Source information

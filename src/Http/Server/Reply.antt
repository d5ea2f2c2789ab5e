-- ===== src/Http/Server/Reply.antt =====
-- http/httpServer.cpp: `onMessage` and `onRequest`.
use tcp_net_library.Base.{
  ℕ, ◌+◌, ◌≤◌, ◌≡◌, ap, sym, ◌∙◌, true, false, List, ◌++◌, arith, length, ok, if◌then◌else◌, some,
  append-nil,
}
use tcp_net_library.Buffer.{max_size, cheap_prepared}
use tcp_net_library.Buffer.Invariant.{contents, readable}
use tcp_net_library.Buffer.Invariant as Inv
use tcp_net_library.Buffer.Trace.{init_ok}
use tcp_net_library.Http.Request.{HttpRequest, swap}
use tcp_net_library.Http.Context.{HttpContext, got_all, got_all?, reset, new_context}
use tcp_net_library.Http.Context.Spec.{IsWaiting, parse}
use tcp_net_library.Http.Context.Total.{parsed}
use tcp_net_library.Http.Context.Stream.{parse-refused, waiting-got_all?}
use tcp_net_library.Http.Response.Written.{response_text, append_to_buffer_ok}
use tcp_net_library.Http.Server.{
  HttpCallback, response_to, on_request, bad_request, refuse, answer_request, on_message,
}
use tcp_net_library.Net.Connection.{
  TcpConnection, Effect, WriteResult, taken, connected, disconnecting,
}
use tcp_net_library.Net.Connection.Stream.{IsValid, stream}
use tcp_net_library.Http.Server.Sending.{Replied, sent_ok, send_buffer_ok, then_shutdown_ok}

-- The response fits the two buffers.
pub record Fits (c : TcpConnection) (text : List ℕ) : Type 0 where
  pub response : length text + 1040 ≤ max_size
  pub output : length c.output.buffer + length text + cheap_prepared ≤ max_size

on_request_ok :
    {c : TcpConnection} (callback : HttpCallback) (req : HttpRequest) (answer : WriteResult)
    → IsValid c
    → c.state ≡ connected
    → Fits c (response_text (response_to callback req))
    → taken answer ≤ length (response_text (response_to callback req))
    → (d : TcpConnection) × (es : List Effect) × (on_request c.thread callback c req answer
        ≡ ok (d, es))
      × Replied c
          (response_text (response_to callback req))
          (response_to callback req).close_connection
          d
unfolding on_request
on_request_ok {c} callback req answer v s f t =
    let r = response_to callback req in
    let (b, i, w, e, l) = init_ok in
    let (buf, p, h) = append_to_buffer_ok r w (omega (arith, f.response)) in
    let text : contents buf ≡ response_text r = h.bytes ∙ ap (λ k. k ++ response_text r) e in
    let (d, es, q, x) = send_buffer_ok (response_text r) answer v h.valid text s t f.output in
    let (d', es', g, y) =
      then_shutdown_ok c.thread r.close_connection es (sym x.same_thread) x.valid
        (x.same_state ∙ s) in
    (
      d',
      es',
      rw (i, p, q) g,
      record {
        valid = y.valid;
        bytes = y.bytes ∙ append-nil (stream d) ∙ x.bytes;
        state = y.state;
        same_thread = y.same_thread ∙ x.same_thread;
        same_input = y.same_input ∙ x.same_input;
      },
    )

-- `onMessage` on a connected connection whose input holds the rest of a request: it never fails
-- while the sizes stay below the largest vector; the text of the callback's response, and nothing
-- else, joins the stream of the connection; the bytes behind the request stay in the input buffer;
-- the parser is reset; and the connection starts to close exactly where the response says so.
pub on_message_ok :
    {c : TcpConnection} (callback : HttpCallback) (context got : HttpContext) (time : ℕ)
    (rest : List ℕ) (answers : WriteResult × WriteResult)
    → IsWaiting context
    → Inv.IsValid c.input
    → IsValid c
    → c.state ≡ connected
    → parse context (contents c.input) time ≡ some (true, got, rest)
    → got.state ≡ got_all
    → Fits c (response_text (response_to callback got.request))
    → taken answers.1 ≤ length (response_text (response_to callback got.request))
    → (d : TcpConnection) × (es : List Effect) × (on_message c.thread callback c context time
          answers
        ≡ ok (d, new_context, es))
      × (stream d ≡ stream c ++ response_text (response_to callback got.request))
      × (contents d.input ≡ rest)
      × (d.state ≡ (
          if (response_to callback got.request).close_connection then disconnecting else connected))
unfolding on_message refuse answer_request reset swap
on_message_ok {c} callback context got time rest answers w i v s e g f t =
    let (left, p, j, h) = parsed context got c.input time true rest w i e in
    let conn : TcpConnection = record c { input = left } in
    let valid : IsValid conn = record { output = v.output; events = v.events; armed = v.armed } in
    let fits : Fits conn (response_text (response_to callback got.request)) = record {
      response = f.response;
      output = f.output;
    } in
    let (d, es, q, x) = on_request_ok {c = conn} callback got.request answers.1 valid s fits t in
    (d, es, rw (p, g, q), x.bytes, ap contents x.same_input ∙ h, x.state)

-- `onMessage` on a connected connection, on bytes that the parser refuses: while the sizes stay below
-- the largest vector it never fails, the refusal and nothing else joins the stream of the connection,
-- and the connection starts to close. The callback is not asked: the refused parser never has the
-- whole request.
pub on_message_bad :
    {c : TcpConnection} (callback : HttpCallback) (context got : HttpContext) (time : ℕ)
    (rest : List ℕ) (answers : WriteResult × WriteResult)
    → IsWaiting context
    → Inv.IsValid c.input
    → IsValid c
    → c.state ≡ connected
    → parse context (contents c.input) time ≡ some (false, got, rest)
    → length c.output.buffer + length bad_request + cheap_prepared ≤ max_size
    → taken answers.0 ≤ length bad_request
    → (d : TcpConnection) × (es : List Effect) × (on_message c.thread callback c context time
          answers
        ≡ ok (d, got, es))
      × (stream d ≡ stream c ++ bad_request)
      × (d.state ≡ disconnecting)
unfolding on_message refuse answer_request
on_message_bad {c} callback context got time rest answers w i v s e f t =
    let g : got_all? got ≡ false =
      waiting-got_all? got (parse-refused context got (contents c.input) rest time w e) in
    let (left, p, j, h) = parsed context got c.input time false rest w i e in
    let conn : TcpConnection = record c { input = left } in
    let valid : IsValid conn = record { output = v.output; events = v.events; armed = v.armed } in
    let (d, es, q, x) = sent_ok {c = conn} bad_request answers.0 valid s t f in
    let (d', es', k, y) =
      then_shutdown_ok c.thread true es (sym x.same_thread) x.valid (x.same_state ∙ s) in
    (d', es', rw (p, q, k, g), y.bytes ∙ append-nil (stream d) ∙ x.bytes, y.state)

Aim of the exercise
Would you copy out each line of the records above where the word "false" occurs?

Solution
  ℕ, ◌+◌, ◌≤◌, ◌≡◌, ap, sym, ◌∙◌, true, false, List, ◌++◌, arith, length, ok, if◌then◌else◌, some,
    → parse context (contents c.input) time ≡ some (false, got, rest)
    let g : got_all? got ≡ false =
    let (left, p, j, h) = parsed context got c.input time false rest w i e in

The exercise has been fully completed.